[Saved data entries]
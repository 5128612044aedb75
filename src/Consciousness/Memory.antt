-- ===== src/Consciousness/Memory.antt =====
-- The persistent memory of consciousness/memory/aion_memory.c: the store in RAM, its eviction, and
-- the records and the index that it keeps on the USB drive.
pub mod Disk
pub mod Paths
pub mod Records
pub mod Index
pub mod Flush
pub mod Reload
pub mod Recall
pub mod Evict
mod Tests
use aion_os.Prelude.{
  ℕ, zero, suc, ◌+◌, ◌-◌, ◌*◌, ◌^◌, Bool, true, false, not, ◌&&◌, ◌||◌, Option, none, some, List,
  [], ◌∷◌, ◌++◌, ltb, leb, ◌==◌, if◌then◌else◌, length, take, drop, get_or, replicate,
}
use aion_os.Prelude.Words.{add64}
use aion_os.Kernel.Memory.Kmalloc.{Heap, kmalloc}
use aion_os.Consciousness.Text.{Text, codes, find_after, split_at}
use Disk.{
  Files, mem_episodic, mem_magic, max_content_len, record_size, index_size, index_path, MemEntry,
  path_of, record_bytes, path_field, of_le, field, c_str,
}

abbrev pub max_memories : ℕ
max_memories = 65536

-- What a caller hands to `aion_memory_store`.
pub record AionMemoryEntry : Type 0 where
  pub type : ℕ
  pub importance : ℕ
  pub tick : ℕ
  pub content : Text

-- The static variables, the heap that `kmalloc` serves, and the drive. The first `mem_count` entries
-- of `mem_store` are the list `entries`.
pub record Store (W : Type 0) : Type 0 where
  pub entries : List MemEntry
  pub mem_dirty : ℕ
  pub store_exists : Bool
  pub heap : Heap
  pub disk : W

-- The copy has the text's bytes; its address is not kept. `none` is a null pointer.
pub mem_strdup : Text → Heap → Option Text × Heap
mem_strdup s h = let (p, h') = kmalloc (length s + 1) h in (if p == 0 then none else some s, h')

-- One round of the search for the entry to evict, with `worst_imp` and `worst_idx`.
pub worst_loop : List MemEntry → ℕ → ℕ → ℕ → ℕ
worst_loop [] i imp idx = idx
worst_loop (e ∷ es) i imp idx =
    if (e.type == mem_episodic) && ltb e.importance imp
    then worst_loop es (i + 1) e.importance i
    else worst_loop es (i + 1) imp idx

-- The `memmove` that closes the gap.
pub remove_at : ℕ → List MemEntry → List MemEntry
remove_at i [] = []
remove_at zero (e ∷ es) = es
remove_at (suc i) (e ∷ es) = e ∷ remove_at i es

pub evict : List MemEntry → List MemEntry
unfolding worst_loop
evict es = if leb max_memories (length es) then remove_at (worst_loop es 0 255 0) es else es

-- The loop of `aion_memory_search`, from the newest entry back.
pub search_loop : Text → List MemEntry → Option Text
search_loop key [] = none
search_loop key (e ∷ es) = elim (search_loop key es) [
  | some newer ↦ some newer
  | none ↦ elim (find_after key (c_str e.content)) [ some _ ↦ some e.content | none ↦ none ]
]

pub aion_memory_search : {W : Type 0} → Text → Store W → Option Text
aion_memory_search key s = search_loop key s.entries

-- For an `n` that is not negative.
pub aion_memory_get_recent : {W : Type 0} → ℕ → Store W → List MemEntry
aion_memory_get_recent n s = take 16 (drop (length s.entries - n) s.entries)

-- The entry that a record file describes, with a copy of its content.
pub loaded_entry : Text → Text → MemEntry
loaded_entry buf content = record {
  type = of_le (field 4 1 buf);
  importance = of_le (field 5 1 buf);
  tick = of_le (field 8 8 buf);
  content = content;
  dirty = false;
}

pub add_copy : {W : Type 0} → Option Text → Heap → Text → Store W → Store W
add_copy none heap buf s = record s { heap = heap }
add_copy (some content) heap buf s = record s {
  entries = s.entries ++ (loaded_entry buf content ∷ []);
  heap = heap;
}

-- `n` bytes are no record: too few, another magic number, or a content too long.
pub rejected : ℕ → Text → Bool
rejected n buf =
    ltb n record_size
    || (not (of_le (field 0 4 buf) == mem_magic) || ltb max_content_len (of_le (field 24 4 buf)))

pub copy_content : {W : Type 0} → ℕ → Text → Store W → Store W
copy_content clen buf s =
    let (copy, heap) = mem_strdup (field record_size clen buf) s.heap in add_copy copy heap buf s

-- The rest of a round of `aion_memory_load_all`, after the read of `n` bytes into `record_buf`.
pub load_record : {W : Type 0} → ℕ → Text → Store W → Store W
load_record n buf s = if rejected n buf then s else copy_content (of_le (field 24 4 buf)) buf s

module _ {W : Type 0} (files : Files W) where
  pub aion_memory_has_store : W → Bool
  aion_memory_has_store = files.fs_file_exists index_path

  pub aion_memory_init : Store W → Store W
  unfolding aion_memory_has_store
  aion_memory_init s =
      let mkdir = files.fs_mkdir_usb in
      let w = mkdir (codes "/AION/memory/self") (
        mkdir (codes "/AION/memory/semantic")
          (mkdir (codes "/AION/memory/episodic") (mkdir (codes "/AION/memory") s.disk))) in
      record s { entries = []; mem_dirty = 0; store_exists = aion_memory_has_store w; disk = w }

  -- The loop of `aion_memory_flush`, from entry `i` on: what it appends to the index, the entries,
  -- and the drive. `stack i` is what the array `path` holds before round `i`.
  pub flush_loop : (ℕ → Text) → ℕ → List MemEntry → W → Text × List MemEntry × W
  flush_loop stack i [] w = ([], [], w)
  flush_loop stack i (e ∷ es) w =
      let path = path_of e.type i in
      let w' = if e.dirty then files.fs_write_file_usb path (record_bytes e) w else w in
      let (index, es', w'') = flush_loop stack (i + 1) es w' in
      (path_field (stack i) path e.importance ++ index, record e { dirty = false } ∷ es', w'')

  -- `none` is a write past the end of `index_buf`.
  pub aion_memory_flush : (ℕ → Text) → Store W → Option (Store W)
  unfolding flush_loop
  aion_memory_flush stack s =
      if s.mem_dirty == 0
      then some s
      else if ltb index_size (8 + length s.entries * 256)
      then none
      else let (index, es, w) = flush_loop stack 0 s.entries s.disk in
        some (record s {
          entries = es;
          mem_dirty = 0;
          disk = files.fs_write_file_usb index_path (Disk.le 8 (length s.entries) ++ index) w;
        })

  -- `aion_memory_store` from the copy of the content on.
  pub add_entry : (ℕ → Text) → AionMemoryEntry → Option Text → Heap → Store W → Option (Store W)
  add_entry stack entry none heap s = some (record s { heap = heap })
  add_entry stack entry (some content) heap s =
      let e : MemEntry = record {
        type = entry.type;
        importance = entry.importance;
        tick = entry.tick;
        content = content;
        dirty = true;
      } in
      let s' = record s {
        entries = s.entries ++ (e ∷ []);
        mem_dirty = add64 s.mem_dirty 1;
        heap = heap;
      } in
      if leb 10 s'.mem_dirty then aion_memory_flush stack s' else some s'

  -- `aion_memory_store` after the eviction.
  pub append_entry : (ℕ → Text) → AionMemoryEntry → Store W → Option (Store W)
  append_entry stack entry s =
      let (copy, heap) = mem_strdup (take max_content_len entry.content) s.heap in
      add_entry stack entry copy heap s

  pub aion_memory_store : (ℕ → Text) → AionMemoryEntry → Store W → Option (Store W)
  aion_memory_store stack entry s =
      append_entry stack entry (record s { entries = evict s.entries })

  -- One round of `aion_memory_load_all`, on the 256 bytes of its index entry. `buf` is `record_buf`,
  -- which keeps what earlier rounds left behind the bytes that this one reads.
  pub load_round : Text → Text → Store W → Text × Store W
  load_round entry buf s =
      let path = c_str (take 255 entry) in
      elim (files.fs_read_file path (max_content_len + record_size) s.disk) [
        | none ↦ (buf, s)
        | some bytes ↦
            let buf' = bytes ++ drop (length bytes) buf in (buf', load_record (length bytes) buf' s)
      ]

  pub load_loop : ℕ → Text → Text → Store W → Store W
  load_loop zero p buf s = s
  load_loop (suc n) p buf s =
      let (buf', s') = load_round (take 256 p) buf s in load_loop n (drop 256 p) buf' s'

  -- `index` and `buf` are what `index_buf` and `record_buf` hold before the call. `none` is a read
  -- past the end of `index_buf`.
  pub aion_memory_load_all : Text → Text → Store W → Option (Store W)
  aion_memory_load_all index buf s = elim (files.fs_read_file index_path index_size s.disk) [
    | none ↦ some s
    | some bytes ↦
        let index' = bytes ++ drop (length bytes) index in
        let count = of_le (take 8 index') in
        let n = if ltb max_memories count then max_memories else count in
        if ltb index_size (8 + n * 256) then none else some (load_loop n (drop 8 index') buf s)
  ]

- DIRECTIONS FOR THIS TASK -
When you reach the line that contains "pub disk : W", stop; that line and every line before it, from the very first line of the data, should be restated word for word.

- TASK RESULT -
repository 5128612044aedb75
filename src/Consciousness/Memory.antt
-- ===== src/Consciousness/Memory.antt =====
-- The persistent memory of consciousness/memory/aion_memory.c: the store in RAM, its eviction, and
-- the records and the index that it keeps on the USB drive.
pub mod Disk
pub mod Paths
pub mod Records
pub mod Index
pub mod Flush
pub mod Reload
pub mod Recall
pub mod Evict
mod Tests
use aion_os.Prelude.{
  ℕ, zero, suc, ◌+◌, ◌-◌, ◌*◌, ◌^◌, Bool, true, false, not, ◌&&◌, ◌||◌, Option, none, some, List,
  [], ◌∷◌, ◌++◌, ltb, leb, ◌==◌, if◌then◌else◌, length, take, drop, get_or, replicate,
}
use aion_os.Prelude.Words.{add64}
use aion_os.Kernel.Memory.Kmalloc.{Heap, kmalloc}
use aion_os.Consciousness.Text.{Text, codes, find_after, split_at}
use Disk.{
  Files, mem_episodic, mem_magic, max_content_len, record_size, index_size, index_path, MemEntry,
  path_of, record_bytes, path_field, of_le, field, c_str,
}

abbrev pub max_memories : ℕ
max_memories = 65536

-- What a caller hands to `aion_memory_store`.
pub record AionMemoryEntry : Type 0 where
  pub type : ℕ
  pub importance : ℕ
  pub tick : ℕ
  pub content : Text

-- The static variables, the heap that `kmalloc` serves, and the drive. The first `mem_count` entries
-- of `mem_store` are the list `entries`.
pub record Store (W : Type 0) : Type 0 where
  pub entries : List MemEntry
  pub mem_dirty : ℕ
  pub store_exists : Bool
  pub heap : Heap
  pub disk : W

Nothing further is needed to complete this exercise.